Ms Sheedy disputed that Mr Sachs had three nights of care of the children, but did acknowledge he had care from Friday to Sunday morning. However, she confirmed that she would bring the children to his home late at night, after he finished work, and also that she picked the children up. She had no recollection about the nights of care and said the matter confused her. However, she was sure that Mr Sachs did not have the children for as many nights as he said he did.
She could not recall when the children stopped spending time overnight with Mr Sachs.
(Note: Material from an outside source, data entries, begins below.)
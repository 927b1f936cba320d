-- ===== src/Compression.antt =====
-- compression-module/src/lib.rs: the dynamic compression of responses.
use pandora_web_server.Base.{ℕ, Bool, true, Option, none, some, if◌then◌else◌}

pub data Algorithm : Type 0 where
  gzip : Algorithm
  brotli : Algorithm
  zstd : Algorithm

pub record CompressionOpt : Type 0 where
  pub compression_level_gzip : Option ℕ
  pub compression_level_brotli : Option ℕ
  pub compression_level_zstd : Option ℕ
  pub decompress_upstream : Bool

pub record CompressionConf : Type 0 where
  pub compression_level_gzip : Option ℕ
  pub compression_level_brotli : Option ℕ
  pub compression_level_zstd : Option ℕ
  pub decompress_upstream : Bool

-- `if opt.…is_some() { self.… = opt.…; }`
abbrev set_if_some {ℓ} : {A : Type ℓ} → Option A → Option A → Option A
set_if_some conf none = conf
set_if_some conf (some a) = some a

-- `merge_with_opt`.
unfoldable pub merge_with_opt : CompressionConf → CompressionOpt → CompressionConf
merge_with_opt conf opt = record {
  compression_level_gzip = set_if_some conf.compression_level_gzip opt.compression_level_gzip;
  compression_level_brotli = set_if_some conf.compression_level_brotli opt.compression_level_brotli;
  compression_level_zstd = set_if_some conf.compression_level_zstd opt.compression_level_zstd;
  decompress_upstream =
      if opt.decompress_upstream then opt.decompress_upstream else conf.decompress_upstream;
}

-- The session's modules for compression, which are pingora's.
pub record Compressor (S : Type 0) : Type 0 where
  pub enable : ℕ → S → S
  pub adjust_algorithm_level : Algorithm → ℕ → S → S
  pub adjust_decompression : Bool → S → S

module _ {S : Type 0} (compressor : Compressor S) where
  unfoldable pub init_downstream_modules : S → S
  init_downstream_modules session = compressor.enable 0 session

  -- The macro `enable_compression`.
  unfoldable pub enable_compression : Algorithm → Option ℕ → S → S
  enable_compression algorithm none session = session
  enable_compression algorithm (some level) session =
      compressor.adjust_algorithm_level algorithm level session

  -- `early_request_filter`.
  unfoldable pub early_request_filter : CompressionConf → S → S
  unfolding enable_compression
  early_request_filter conf session =
      let compressed = enable_compression zstd conf.compression_level_zstd (
        enable_compression brotli conf.compression_level_brotli
          (enable_compression gzip conf.compression_level_gzip session)) in
      if conf.decompress_upstream
      then compressor.adjust_decompression true compressed
      else compressed
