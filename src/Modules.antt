-- ===== src/Modules.antt =====
-- pandora-module-utils/src/lib.rs: `RequestFilterResult` and `RequestFilter`, and the handler that
-- pandora-module-utils-macros/src/derive_request_filter.rs derives for a struct of handlers.
pub mod Chain
use pandora_web_server.Base.{◌≡◌, refl, ◌⊎◌, inl, inr, Option, none, some}

-- `Result<A, Box<Error>>`.
pub data Result (E A : Type 0) : Type 0 where
  ok : A → Result E A
  err : E → Result E A

-- To split on a computed result and keep the equation.
pub Result-cases :
    {E A : Type 0} (r : Result E A) → ((e : E) × (r ≡ err e)) ⊎ ((a : A) × (r ≡ ok a))
Result-cases (err e) = inl (e, refl)
Result-cases (ok a) = inr (a, refl)

pub data RequestFilterResult : Type 0 where
  response_sent : RequestFilterResult
  handled : RequestFilterResult
  unhandled : RequestFilterResult

-- What a phase of a request leaves: its result, the session and the handler's context.
abbrev pub Phase : Type 0 → Type 0 → Type 0 → Type 0
Phase S C A = S → C → A × S × C

-- The trait `RequestFilter` for sessions `S`, contexts `C`, errors `E` and upstream peers `P`. An
-- error leaves the session as the handler has changed it.
pub record Handler (S C E P : Type 0) : Type 0 where
  -- the modules of pingora that the handler adds to the session, before its phases
  pub init_downstream_modules : S → S
  pub early_request_filter : Phase S C (Result E Unit)
  pub request_filter : Phase S C (Result E RequestFilterResult)
  pub upstream_peer : Phase S C (Result E (Option P))
  pub logging : Option E → S → C → S × C
  pub new_ctx : C

module _ {S E P : Type 0} where
  -- The trait's own methods, which are those of a struct without fields as well.
  unfoldable pub no_handler : Handler S Unit E P
  no_handler = record {
    init_downstream_modules = λ session. session;
    early_request_filter = λ session ctx. (ok tt, session, ctx);
    request_filter = λ session ctx. (ok unhandled, session, ctx);
    upstream_peer = λ session ctx. (ok none, session, ctx);
    logging = λ e session ctx. (session, ctx);
    new_ctx = tt;
  }

module _ {S E C D : Type 0} where
  -- `…await?` on the first field, before the other fields run.
  abbrev pub early_then :
      Phase S D (Result E Unit) → D → Result E Unit × S × C → Result E Unit × S × (C × D)
  early_then rest d (err e, session, c) = (err e, session, (c, d))
  early_then rest d (ok _, session, c) =
      let (result, after, d') = rest session d in (result, after, (c, d'))

  abbrev pub filter_then :
      Phase S D (Result E RequestFilterResult)
      → D
      → Result E RequestFilterResult × S × C
      → Result E RequestFilterResult × S × (C × D)
  filter_then rest d (err e, session, c) = (err e, session, (c, d))
  filter_then rest d (ok unhandled, session, c) =
      let (result, after, d') = rest session d in (result, after, (c, d'))
  filter_then rest d (ok handled, session, c) = (ok handled, session, (c, d))
  filter_then rest d (ok response_sent, session, c) = (ok response_sent, session, (c, d))

module _ {S E P C D : Type 0} where
  abbrev pub peer_then :
      Phase S D (Result E (Option P))
      → D
      → Result E (Option P) × S × C
      → Result E (Option P) × S × (C × D)
  peer_then rest d (err e, session, c) = (err e, session, (c, d))
  peer_then rest d (ok none, session, c) =
      let (result, after, d') = rest session d in (result, after, (c, d'))
  peer_then rest d (ok (some peer), session, c) = (ok (some peer), session, (c, d))

  -- The derived handler of a struct: its first field, and the handler of the other ones. The
  -- context is the struct of their contexts.
  infixr 5 ◌and◌
  unfoldable pub ◌and◌ : Handler S C E P → Handler S D E P → Handler S (C × D) E P
  first and rest = record {
    init_downstream_modules =
        λ session. rest.init_downstream_modules (first.init_downstream_modules session);
    early_request_filter = λ session (c, d).
        early_then rest.early_request_filter d (first.early_request_filter session c);
    request_filter =
        λ session (c, d). filter_then rest.request_filter d (first.request_filter session c);
    upstream_peer =
        λ session (c, d). peer_then rest.upstream_peer d (first.upstream_peer session c);
    logging = λ e session (c, d).
        let (after, c') = first.logging e session c in
        let (last, d') = rest.logging e after d in (last, (c', d'));
    new_ctx = (first.new_ctx, rest.new_ctx);
  }

-- The derived `try_from`: the first field whose conversion fails gives the error.
unfoldable pub try_from_pair :
    {E A B F G : Type 0} → (A → Result E F) → (B → Result E G) → A × B → Result E (F × G)
try_from_pair first rest (a, b) = elim (first a) [
  | err e ↦ err e
  | ok f ↦ elim (rest b) [ err e ↦ err e | ok g ↦ ok (f, g) ]
]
The Tribunal found that the primary issue in dispute between the parties is whether Mr Sachs had three nights of care per week from June to August 2018, and also whether his care ceased on 4 August 2018 (as asserted by Ms Sheedy) or whether Mr Sachs last had care of the children on 13 August 2018.
Was Mr Sachs’s percentage of care from 30 May 2018 correct?
On 30 May 2018 Mr Sachs first notified the Department that he was expecting to have care of both children for one night a week. Ms Sheedy subsequently agreed with that pattern of care and, on 25 July 2018, the assessment was made according to both parties evidence at the time.
It was only after Mr Sachs lost care of the children in August 2018 that he advised that he had had more care than expected, namely three nights of care, for the children from about June 2018.
As far as the Tribunal could establish, there was no particular discussion or agreement reached between the parties which led to the increase of care from one night to three nights per week. Mr Sachs suggested the change in pattern was because it suited Ms Sheedy not to have care of the children for extra nights. Ms Sheedy appeared to concede that Mr Sachs had more than one night of care per week for some of the period but denied it was a regular pattern of three nights per week and specifically denied that Mr Sachs’s care schedule was correct.
There is contemporaneous evidence that in May 2013 both parties agreed to a pattern of 14% care to Mr Sachs. Mr Sachs’s care schedule shows that the pattern of one night of care per week had been ongoing since April and continued until at least 2 June 2018.
The Tribunal is satisfied that the decision of 25 July 2018, which increased Mr Sachs’s care percentage to 14% from 30 May 2018 was correctly made under section 54F of the Act.
The objection decision which upheld the decision of 25 July 2018 must thus be affirmed.
Can Mr Sachs’s percentage of care be increased from 2 June 2018?
Mr Sachs has argued that from the weekend commencing 2 June 2018 his care was substantially more than one night per week and has asked his care percentage to be worked out on that basis.
However, the Tribunal has, in this case, no power to vary the percentage of care with effect from 2 June 2018 because the original decision made on 25 July 2018, and the objection decision, were about the change notified on 30 May 2018, not about any later changes.
Any changes in the pattern of care for the children after 30 May 2018 needed to be notified within 28 days, for the change in the care percentage to take effect from the date of the change.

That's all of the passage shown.